Use the GPU partition
Allocate 1 GPU for our script

And we load tensorflow-2.11-gpu with conda, giving us access to Tensorflow's machine learning libraries optimized for use on GPUs.

Running the Job

We can run it with sbatch gpu-train-model.sh.

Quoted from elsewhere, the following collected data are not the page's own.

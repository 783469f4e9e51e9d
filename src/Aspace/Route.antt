-- ===== src/Aspace/Route.antt =====
-- src/aspace/aspace.c: the way of an access to the region that was attached for it.
use oemu.Common.{
  ℕ, ◌+◌, ◌-◌, ◌%◌, ◌^◌, ◌≤◌, ◌<◌, bit_and, bit_or, ◌≡◌, refl, ap, ◌∙◌, Bool, true, false, not,
  some, List, [], ◌∷◌, ◌++◌, Bank, ◌==◌, ◌!=◌, if◌then◌else◌, arith,
}
use oemu.Common.Status.{is_ok, err_fault, MemSize, byte, half, word, dword, quad}
use oemu.Memory.{perm_read, perm_write}
use oemu.Aspace.{
  Answer, DeviceOps, device, Region, Aspace, World, size_to_bytes, extend, covers, find_in, find,
  ranges_overlap, overlaps_any, map_common, add_region, device_range, attach_device,
}
use oemu.Aspace.Table.{IsFree, map_common-IsFree}
use oemu.Aspace.Access.{
  refused, routed, device_loaded, read_region, read, device_stored, write_region, write,
}

size_to_bytes_positive : (size : MemSize) → 0 < size_to_bytes size
unfolding size_to_bytes
size_to_bytes_positive byte = omega arith
size_to_bytes_positive half = omega arith
size_to_bytes_positive word = omega arith
size_to_bytes_positive dword = omega arith
size_to_bytes_positive quad = omega arith

module _ {σ : Type 0} where
  -- A region that meets a range nowhere covers no part of it.
  not_covers :
      (r : Region σ) (pa size off n perms : ℕ)
      → ranges_overlap pa size r.pa r.size ≡ false
      → 0 < n
      → off + n ≤ size
      → covers r (pa + off) n perms ≡ false
  unfolding covers ranges_overlap
  not_covers r pa size off n perms apart there within = ground (arith, apart)

  -- The search goes past the older regions.
  find_in_new :
      (rs : List (Region σ)) (r : Region σ) (pa size off n perms : ℕ)
      → overlaps_any rs pa size ≡ false
      → 0 < n
      → off + n ≤ size
      → covers r (pa + off) n perms ≡ true
      → find_in (rs ++ (r ∷ [])) (pa + off) n perms ≡ some r
  unfolding find_in overlaps_any
  find_in_new [] r pa size off n perms apart there within here = rw here refl
  find_in_new (q ∷ rs) r pa size off n perms apart there within here =
      rw (not_covers q pa size off n perms (ground (arith, apart)) there within)
        (find_in_new rs r pa size off n perms (ground (arith, apart)) there within here)

  module _ (space : Aspace σ) (heap : Bank) (pa size : ℕ) (ops : DeviceOps σ) where
    abbrev pub attached : Region σ
    attached = record {
      pa = pa;
      size = size;
      perms = bit_or perm_read perm_write;
      backing = device ops;
    }

    record Tests : Type 0 where
      pub placed : not (device_range pa size) ≡ false
      pub free : is_ok (map_common space pa size (bit_or perm_read perm_write)) ≡ true

    -- What a device that is attached found.
    record IsAttached : Type 0 where
      pub added : (attach_device space heap pa size ops).aspace ≡ add_region space attached
      pub clear : overlaps_any space.regions pa size ≡ false
      pub fits : pa + size ≤ 2 ^ 64

    attach_device-IsAttached :
        pa < 2 ^ 64 → is_ok (attach_device space heap pa size ops).status ≡ true → IsAttached
    unfolding attach_device
    attach_device-IsAttached small h = record {
      added = rw (tests.placed, tests.free) refl;
      clear = f.clear;
      fits = f.fits;
    }
      where
        tests : Tests
        tests = record { placed = ground (arith, h); free = ground (arith, h) }

        f : IsFree space pa size
        f = map_common-IsFree space pa size (bit_or perm_read perm_write) small tests.free

    attached_found :
        (off n perms : ℕ)
        → IsAttached
        → 0 < n
        → off + n ≤ size
        → bit_and 3 perms == perms ≡ true
        → find (attach_device space heap pa size ops).aspace (pa + off) n perms ≡ some attached
    unfolding find add_region covers
    attached_found off n perms h there within allowed =
        rw (h.added, nonzero)
          (find_in_new space.regions attached pa size off n perms h.clear there within here)
      where
        nonzero : (n == 0) ≡ false
        nonzero = ground (arith, there)

        here : covers attached (pa + off) n perms ≡ true
        here = ground (arith, allowed, h.fits)

    pub record Serves (world : World σ) (off : ℕ) (width : MemSize) (sign_extend : Bool) (value : ℕ)
        : Type 0 where
      pub loads :
          read (attach_device space heap pa size ops).aspace world (pa + off) width sign_extend ≡ (
            if (pa + off) % size_to_bytes width == 0
            then device_loaded world
                (size_to_bytes width)
                sign_extend
                (ops.read world.devices off width)
            else refused world err_fault)
      pub stores :
          write (attach_device space heap pa size ops).aspace world (pa + off) width value ≡ (
            if (pa + off) % size_to_bytes width == 0
            then device_stored world
                (ops.write world.devices off width (extend value (size_to_bytes width) false))
            else refused world err_fault)

    -- Once a device is attached at a 64-bit address, a load or a store that lies in its range reaches
    -- its callback with the offset in the range, whatever was mapped before, where the address is a
    -- multiple of the width; else it is a fault, and neither the devices nor the memory change.
    pub attach_device-Serves :
        (world : World σ) (off : ℕ) (width : MemSize) (sign_extend : Bool) (value : ℕ)
        → pa < 2 ^ 64
        → is_ok (attach_device space heap pa size ops).status ≡ true
        → off + size_to_bytes width ≤ size
        → Serves world off width sign_extend value
    unfolding read write routed read_region write_region
    attach_device-Serves world off width sign_extend value small attached_ok within = record {
      loads =
          ap
            (routed world
              (λ r. read_region world r.backing (pa + off) (pa + off - r.pa) width sign_extend))
            (attached_found off n perm_read there (size_to_bytes_positive width) within refl)
          ∙ (ap (λ o. read_region world (device ops) (pa + off) o width sign_extend) offset
              ∙ turned (refused world err_fault)
                  (device_loaded world n sign_extend (ops.read world.devices off width))
                  ((pa + off) % n));
      stores =
          ap
            (routed world
              (λ r. write_region world r.backing (pa + off) (pa + off - r.pa) width value))
            (attached_found off n perm_write there (size_to_bytes_positive width) within refl)
          ∙ (ap (λ o. write_region world (device ops) (pa + off) o width value) offset
              ∙ turned (refused world err_fault)
                  (device_stored world (ops.write world.devices off width (extend value n false)))
                  ((pa + off) % n));
    }
      where
        n : ℕ
        n = size_to_bytes width

        there : IsAttached
        there = attach_device-IsAttached small attached_ok

        offset : pa + off - pa ≡ off
        offset = omega arith

        turned :
            (a b : Answer (World σ)) (m : ℕ) → (if m != 0 then a else b) ≡ (if m == 0 then b else a)
        turned a b m = ground arith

You should again get an output similar to

Submitted batch job xxxxx

Reading the Output

And in the slurm-xxxxx.out file you should see something like

Loading python-libs/3.0
  Loading requirement: gcc/10.3.0 cuda/11.4 openblas/0.3.15
Num GPUs Available:  1
Epoch 1/20
8/8 [==============================] - 1s 20ms/step - loss: 1.0665 - accuracy: 0.3750 - val_loss: 0.9331 - val_accuracy: 0.7333
Epoch 2/20
8/8 [==============================] - 0s 4ms/step - loss: 0.8940 - accuracy: 0.6917 - val_loss: 0.7912 - val_accuracy: 0.7667
Epoch 3/20
8/8 [==============================] - 0s 4ms/step - loss: 0.7783 - accuracy: 0.8000 - val_loss: 0.6844 - val_accuracy: 0.8333
Epoch 4/20
8/8 [==============================] - 0s 4ms/step - loss: 0.6792 - accuracy: 0.8250 - val_loss: 0.5986 - val_accuracy: 0.8667
Epoch 5/20
8/8 [==============================] - 0s 4ms/step - loss: 0.6031 - accuracy: 0.8167 - val_loss: 0.5210 - val_accuracy: 0.9000
Epoch 6/20
8/8 [==============================] - 0s 4ms/step - loss: 0.5344 - accuracy: 0.8250 - val_loss: 0.4542 - val_accuracy: 0.9000
Epoch 7/20
8/8 [==============================] - 0s 4ms/step - loss: 0.4771 - accuracy: 0.8333 - val_loss: 0.3972 - val_accuracy: 0.9000
Epoch 8/20
8/8 [==============================] - 0s 4ms/step - loss: 0.4287 - accuracy: 0.8500 - val_loss: 0.3531 - val_accuracy: 0.9000
Epoch 9/20
8/8 [==============================] - 0s 4ms/step - loss: 0.3918 - accuracy: 0.8417 - val_loss: 0.3188 - val_accuracy: 0.9000
Epoch 10/20
8/8 [==============================] - 0s 4ms/step - loss: 0.3623 - accuracy: 0.8500 - val_loss: 0.2901 - val_accuracy: 0.9000
Epoch 11/20
8/8 [==============================] - 0s 4ms/step - loss: 0.3386 - accuracy: 0.8583 - val_loss: 0.2668 - val_accuracy: 0.9333
Epoch 12/20
8/8 [==============================] - 0s 4ms/step - loss: 0.3180 - accuracy: 0.8667 - val_loss: 0.2498 - val_accuracy: 0.9333
Epoch 13/20
8/8 [==============================] - 0s 4ms/step - loss: 0.2997 - accuracy: 0.8833 - val_loss: 0.2327 - val_accuracy: 0.9333
Epoch 14/20
8/8 [==============================] - 0s 4ms/step - loss: 0.2835 - accuracy: 0.8833 - val_loss: 0.2169 - val_accuracy: 0.9333
Epoch 15/20
8/8 [==============================] - 0s 4ms/step - loss: 0.2689 - accuracy: 0.9000 - val_loss: 0.2025 - val_accuracy: 0.9333
Epoch 16/20
8/8 [==============================] - 0s 4ms/step - loss: 0.2534 - accuracy: 0.9000 - val_loss: 0.1920 - val_accuracy: 0.9333
Epoch 17/20
8/8 [==============================] - 0s 4ms/step - loss: 0.2425 - accuracy: 0.8833 - val_loss: 0.1830 - val_accuracy: 0.9333
Epoch 18/20
8/8 [==============================] - 0s 4ms/step - loss: 0.2308 - accuracy: 0.9167 - val_loss: 0.1712 - val_accuracy: 0.9333
Epoch 19/20
8/8 [==============================] - 0s 4ms/step - loss: 0.2184 - accuracy: 0.9417 - val_loss: 0.1625 - val_accuracy: 0.9333
Epoch 20/20
8/8 [==============================] - 0s 4ms/step - loss: 0.2098 - accuracy: 0.9417 - val_loss: 0.1508 - val_accuracy: 0.9667
1/1 - 0s - loss: 0.1508 - accuracy: 0.9667 - 16ms/epoch - 16ms/step
Test accuracy: 0.9666666388511658

You have successfully built a machine learning model with python and ran it on the cluster with a GPU!